Every line of the material must be copied exactly, from the first to the last.

==========

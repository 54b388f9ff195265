-- ===== src/Agreement.antt =====
-- What the image worker pulls, and what the container worker then runs.
-- About pkg/imagesync/worker.go and pkg/containersync/worker.go.
use deviced.Base.{
  ℕ, zero, suc, ◌≤◌, ◌<◌, List, [], ◌∷◌, some, true, false, Bytes, ltb, length, take, get_elem?,
  ◌≡◌, ◌≢◌, ◌⊎◌, refl, sym, ◌∙◌, ap, arith, Bool-cases, inl, inr, All, Elem, All-Elem, subst,
  beq→eq,
}
use deviced.Base.Assoc.{lookup_or}
use deviced.Arch.{append_arch_tag_suffix}
use deviced.Docker.{ApiContainer}
use deviced.Config.Target.{TargetContainer, container_version_score, max_uint16}
use deviced.Config.Target.Score.{Differs, container_version_score_first, container_version_score-le}
use deviced.ImageSync.Needed.{best_available, tags_to_fetch}
use deviced.ImageSync.Better.{tags_to_fetch_better}
use deviced.ContainerSync.State.{RunningContainer, Plan}
use deviced.ContainerSync.Choose.{score_limit, is_acceptable, decide_running}
use deviced.ContainerSync.Selection.{IsUpgrade, replacement, decide_running_cases}

-- The position of an element of a prefix.
Elem-take :
    (n : ℕ) (vs : List Bytes) (t : Bytes)
    → Elem t (take n vs)
    → (j : ℕ) × (j < n) × (j < length vs) × (get_elem? vs j ≡ some t)
Elem-take zero vs t m = elim m [ ]
Elem-take (suc n) [] t m = elim m [ ]
Elem-take (suc n) (v ∷ vs) t (inl e) = (0, omega arith, omega arith, ap some e)
Elem-take (suc n) (v ∷ vs) t (inr m) =
    let (j, a, b, at) = Elem-take n vs t m in (suc j, omega arith, omega arith, at)

All-take-get :
    (P : Bytes → Type 0) (n i : ℕ) (vs : List Bytes) {v : Bytes}
    → All P (take n vs)
    → i < n
    → get_elem? vs i ≡ some v
    → P v
All-take-get P zero i vs a lt at = absurd (omega arith)
All-take-get P (suc n) i [] a lt at = cc
All-take-get P (suc n) zero (w ∷ vs) {v} (p, a) lt at = let e : w ≡ v = cc in subst P e p
All-take-get P (suc n) (suc i) (w ∷ vs) (p, a) lt at = All-take-get P n i vs a (omega arith) at

take-length : (vs : List Bytes) → take (length vs) vs ≡ vs
take-length [] = refl
take-length (v ∷ vs) = ap (λ ws. v ∷ ws) (take-length vs)

module _ (goarch : Bytes) (ctr : TargetContainer)
    (few : length (append_arch_tag_suffix goarch ctr.versions) ≤ max_uint16) where
  -- A tag among the first `n` versions is scored below each tag that equals none of them.
  take_score-lt :
      (n : ℕ) (cur t : Bytes)
      → All (Differs cur) (take n (append_arch_tag_suffix goarch ctr.versions))
      → Elem t (take n (append_arch_tag_suffix goarch ctr.versions))
      → container_version_score goarch ctr t < container_version_score goarch ctr cur
  take_score-lt n cur t differs m =
      let vs = append_arch_tag_suffix goarch ctr.versions in
      let (j, lt, within, at) = Elem-take n vs t m in
      let low = container_version_score-le goarch ctr j at in
      elim (container_version_score_first goarch ctr cur) [
        | inr (e, _) ↦ ground arith
        | inl (v, found, same, _) ↦
            elim (Bool-cases (ltb j (container_version_score goarch ctr cur))) [
              | inl less ↦ ground arith
              | inr more ↦
                  let differ =
                    All-take-get (Differs cur) n (container_version_score goarch ctr cur) vs differs
                      (ground arith) found in
                  absurd (cc)
            ]
      ]

  -- A tag that the image worker asks for has a better score than every local tag.
  fetched_score-lt :
      (locals tags : List Bytes) (cur t : Bytes)
      → All (λ l. l ≢ []) locals
      → tags_to_fetch goarch ctr (best_available goarch ctr locals [] max_uint16) ≡ some tags
      → Elem t tags
      → Elem cur locals
      → container_version_score goarch ctr t < container_version_score goarch ctr cur
  fetched_score-lt locals tags cur t named asked m here =
      let vs = append_arch_tag_suffix goarch ctr.versions in
      let (found, e, all, how) = tags_to_fetch_better goarch ctr locals few named in
      let same : found ≡ tags = cc in
      let m' : Elem t found = subst (λ ts. Elem t ts) (sym same) m in
      let differs = All-Elem (λ l. All (Differs l) found) locals cur all here in
      elim how [
        | inl q ↦
            let p = q ∙ sym (take-length vs) in
            take_score-lt (length vs) cur t (subst (All (Differs cur)) p differs)
              (subst (λ ts. Elem t ts) p m')
        | inr (_, _, q) ↦
            take_score-lt _ cur t (subst (All (Differs cur)) q differs)
              (subst (λ ts. Elem t ts) q m')
      ]

  is_acceptable-better :
      (cur : RunningContainer) (t : Bytes)
      → cur.score ≡ container_version_score goarch ctr cur.image_tag
      → container_version_score goarch ctr t < container_version_score goarch ctr cur.image_tag
      → (ctr.use_any_version ≡ true) ⊎ (container_version_score goarch ctr t ≤ score_limit)
      → is_acceptable goarch ctr true cur t ≡ true
  unfolding is_acceptable
  is_acceptable-better cur t scored lt allowed =
      let other : t ≢ cur.image_tag =
        λ e. ground (arith, ap (container_version_score goarch ctr) e) in
      ground (arith, beq→eq t cur.image_tag)

  -- What the image worker fetches makes the container worker replace a container. Let the target have
  -- at most 65535 versions and no local tag be empty. If the target's container runs a tag that was
  -- local, then every tag that the image worker asked for has a better score than this tag; and once one of
  -- them that the target may use is available, the container worker replaces the container by one with an
  -- available tag that has a score no worse than the container's and is another tag.
  pub fetched_tag_replaces :
      (rand : ℕ → ℕ) (locals tags : List Bytes) (cur : RunningContainer) (api : ApiContainer)
      (t : Bytes) (available : List (Bytes × List Bytes)) (plan : Plan)
      → All (λ l. l ≢ []) locals
      → tags_to_fetch goarch ctr (best_available goarch ctr locals [] max_uint16) ≡ some tags
      → Elem t tags
      → Elem cur.image_tag locals
      → cur.score ≡ container_version_score goarch ctr cur.image_tag
      → cur.api_container ≡ some api
      → (ctr.use_any_version ≡ true) ⊎ (container_version_score goarch ctr t ≤ score_limit)
      → Elem t (lookup_or ctr.image [] available)
      → (container_version_score goarch ctr t < cur.score)
        × ((avail : Bytes) × Elem avail (lookup_or ctr.image [] available)
            × IsUpgrade goarch ctr cur avail
            × (decide_running goarch rand available ctr cur plan
                ≡ some (replacement goarch rand ctr plan api avail)))
  fetched_tag_replaces rand locals tags cur api t available plan named asked m here scored listed
        allowed there =
      let lt = fetched_score-lt locals tags cur.image_tag t named asked m here in
      let taken = is_acceptable-better cur t scored lt allowed in
      (
        ground arith,
        elim (decide_running_cases goarch rand ctr available plan cur api listed) [
          | inl (_, inl z) ↦ absurd (ground arith)
          | inl (_, inr left) ↦
              let no =
                All-Elem (λ y. is_acceptable goarch ctr true cur y ≡ false)
                  (lookup_or ctr.image [] available) t left there in
              absurd (cc)
          | inr (avail, e, up, _, q) ↦ (avail, e, up, q)
        ],
      )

==========

**Exercise result**
repository 54b388f9ff195265
-- ===== src/Agreement.antt =====
-- What the image worker pulls, and what the container worker then runs.
-- About pkg/imagesync/worker.go and pkg/containersync/worker.go.
use deviced.Base.{
  ℕ, zero, suc, ◌≤◌, ◌<◌, List, [], ◌∷◌, some, true, false, Bytes, ltb, length, take, get_elem?,
  ◌≡◌, ◌≢◌, ◌⊎◌, refl, sym, ◌∙◌, ap, arith, Bool-cases, inl, inr, All, Elem, All-Elem, subst,
  beq→eq,
}
use deviced.Base.Assoc.{lookup_or}
use deviced.Arch.{append_arch_tag_suffix}
use deviced.Docker.{ApiContainer}
use deviced.Config.Target.{TargetContainer, container_version_score, max_uint16}
use deviced.Config.Target.Score.{Differs, container_version_score_first, container_version_score-le}
use deviced.ImageSync.Needed.{best_available, tags_to_fetch}
use deviced.ImageSync.Better.{tags_to_fetch_better}
use deviced.ContainerSync.State.{RunningContainer, Plan}
use deviced.ContainerSync.Choose.{score_limit, is_acceptable, decide_running}
use deviced.ContainerSync.Selection.{IsUpgrade, replacement, decide_running_cases}

-- The position of an element of a prefix.
Elem-take :
    (n : ℕ) (vs : List Bytes) (t : Bytes)
    → Elem t (take n vs)
    → (j : ℕ) × (j < n) × (j < length vs) × (get_elem? vs j ≡ some t)
Elem-take zero vs t m = elim m [ ]
Elem-take (suc n) [] t m = elim m [ ]
Elem-take (suc n) (v ∷ vs) t (inl e) = (0, omega arith, omega arith, ap some e)
Elem-take (suc n) (v ∷ vs) t (inr m) =
    let (j, a, b, at) = Elem-take n vs t m in (suc j, omega arith, omega arith, at)

All-take-get :
    (P : Bytes → Type 0) (n i : ℕ) (vs : List Bytes) {v : Bytes}
    → All P (take n vs)
    → i < n
    → get_elem? vs i ≡ some v
    → P v
All-take-get P zero i vs a lt at = absurd (omega arith)
All-take-get P (suc n) i [] a lt at = cc
All-take-get P (suc n) zero (w ∷ vs) {v} (p, a) lt at = let e : w ≡ v = cc in subst P e p
All-take-get P (suc n) (suc i) (w ∷ vs) (p, a) lt at = All-take-get P n i vs a (omega arith) at

take-length : (vs : List Bytes) → take (length vs) vs ≡ vs
take-length [] = refl
take-length (v ∷ vs) = ap (λ ws. v ∷ ws) (take-length vs)

module _ (goarch : Bytes) (ctr : TargetContainer)
    (few : length (append_arch_tag_suffix goarch ctr.versions) ≤ max_uint16) where
  -- A tag among the first `n` versions is scored below each tag that equals none of them.
  take_score-lt :
      (n : ℕ) (cur t : Bytes)
      → All (Differs cur) (take n (append_arch_tag_suffix goarch ctr.versions))
      → Elem t (take n (append_arch_tag_suffix goarch ctr.versions))
      → container_version_score goarch ctr t < container_version_score goarch ctr cur
  take_score-lt n cur t differs m =
      let vs = append_arch_tag_suffix goarch ctr.versions in
      let (j, lt, within, at) = Elem-take n vs t m in
      let low = container_version_score-le goarch ctr j at in
      elim (container_version_score_first goarch ctr cur) [
        | inr (e, _) ↦ ground arith
        | inl (v, found, same, _) ↦
            elim (Bool-cases (ltb j (container_version_score goarch ctr cur))) [
              | inl less ↦ ground arith
              | inr more ↦
                  let differ =
                    All-take-get (Differs cur) n (container_version_score goarch ctr cur) vs differs
                      (ground arith) found in
                  absurd (cc)
            ]
      ]

  -- A tag that the image worker asks for has a better score than every local tag.
  fetched_score-lt :
      (locals tags : List Bytes) (cur t : Bytes)
      → All (λ l. l ≢ []) locals
      → tags_to_fetch goarch ctr (best_available goarch ctr locals [] max_uint16) ≡ some tags
      → Elem t tags
      → Elem cur locals
      → container_version_score goarch ctr t < container_version_score goarch ctr cur
  fetched_score-lt locals tags cur t named asked m here =
      let vs = append_arch_tag_suffix goarch ctr.versions in
      let (found, e, all, how) = tags_to_fetch_better goarch ctr locals few named in
      let same : found ≡ tags = cc in
      let m' : Elem t found = subst (λ ts. Elem t ts) (sym same) m in
      let differs = All-Elem (λ l. All (Differs l) found) locals cur all here in
      elim how [
        | inl q ↦
            let p = q ∙ sym (take-length vs) in
            take_score-lt (length vs) cur t (subst (All (Differs cur)) p differs)
              (subst (λ ts. Elem t ts) p m')
        | inr (_, _, q) ↦
            take_score-lt _ cur t (subst (All (Differs cur)) q differs)
              (subst (λ ts. Elem t ts) q m')
      ]

  is_acceptable-better :
      (cur : RunningContainer) (t : Bytes)
      → cur.score ≡ container_version_score goarch ctr cur.image_tag
      → container_version_score goarch ctr t < container_version_score goarch ctr cur.image_tag
      → (ctr.use_any_version ≡ true) ⊎ (container_version_score goarch ctr t ≤ score_limit)
      → is_acceptable goarch ctr true cur t ≡ true
  unfolding is_acceptable
  is_acceptable-better cur t scored lt allowed =
      let other : t ≢ cur.image_tag =
        λ e. ground (arith, ap (container_version_score goarch ctr) e) in
      ground (arith, beq→eq t cur.image_tag)

  -- What the image worker fetches makes the container worker replace a container. Let the target have
  -- at most 65535 versions and no local tag be empty. If the target's container runs a tag that was
  -- local, then every tag that the image worker asked for has a better score than this tag; and once one of
  -- them that the target may use is available, the container worker replaces the container by one with an
  -- available tag that has a score no worse than the container's and is another tag.
  pub fetched_tag_replaces :
      (rand : ℕ → ℕ) (locals tags : List Bytes) (cur : RunningContainer) (api : ApiContainer)
      (t : Bytes) (available : List (Bytes × List Bytes)) (plan : Plan)
      → All (λ l. l ≢ []) locals
      → tags_to_fetch goarch ctr (best_available goarch ctr locals [] max_uint16) ≡ some tags
      → Elem t tags
      → Elem cur.image_tag locals
      → cur.score ≡ container_version_score goarch ctr cur.image_tag
      → cur.api_container ≡ some api
      → (ctr.use_any_version ≡ true) ⊎ (container_version_score goarch ctr t ≤ score_limit)
      → Elem t (lookup_or ctr.image [] available)
      → (container_version_score goarch ctr t < cur.score)
        × ((avail : Bytes) × Elem avail (lookup_or ctr.image [] available)
            × IsUpgrade goarch ctr cur avail
            × (decide_running goarch rand available ctr cur plan
                ≡ some (replacement goarch rand ctr plan api avail)))
  fetched_tag_replaces rand locals tags cur api t available plan named asked m here scored listed
        allowed there =
      let lt = fetched_score-lt locals tags cur.image_tag t named asked m here in
      let taken = is_acceptable-better cur t scored lt allowed in
      (
        ground arith,
        elim (decide_running_cases goarch rand ctr available plan cur api listed) [
          | inl (_, inl z) ↦ absurd (ground arith)
          | inl (_, inr left) ↦
              let no =
                All-Elem (λ y. is_acceptable goarch ctr true cur y ≡ false)
                  (lookup_or ctr.image [] available) t left there in
              absurd (cc)
          | inr (avail, e, up, _, q) ↦ (avail, e, up, q)
        ],
      )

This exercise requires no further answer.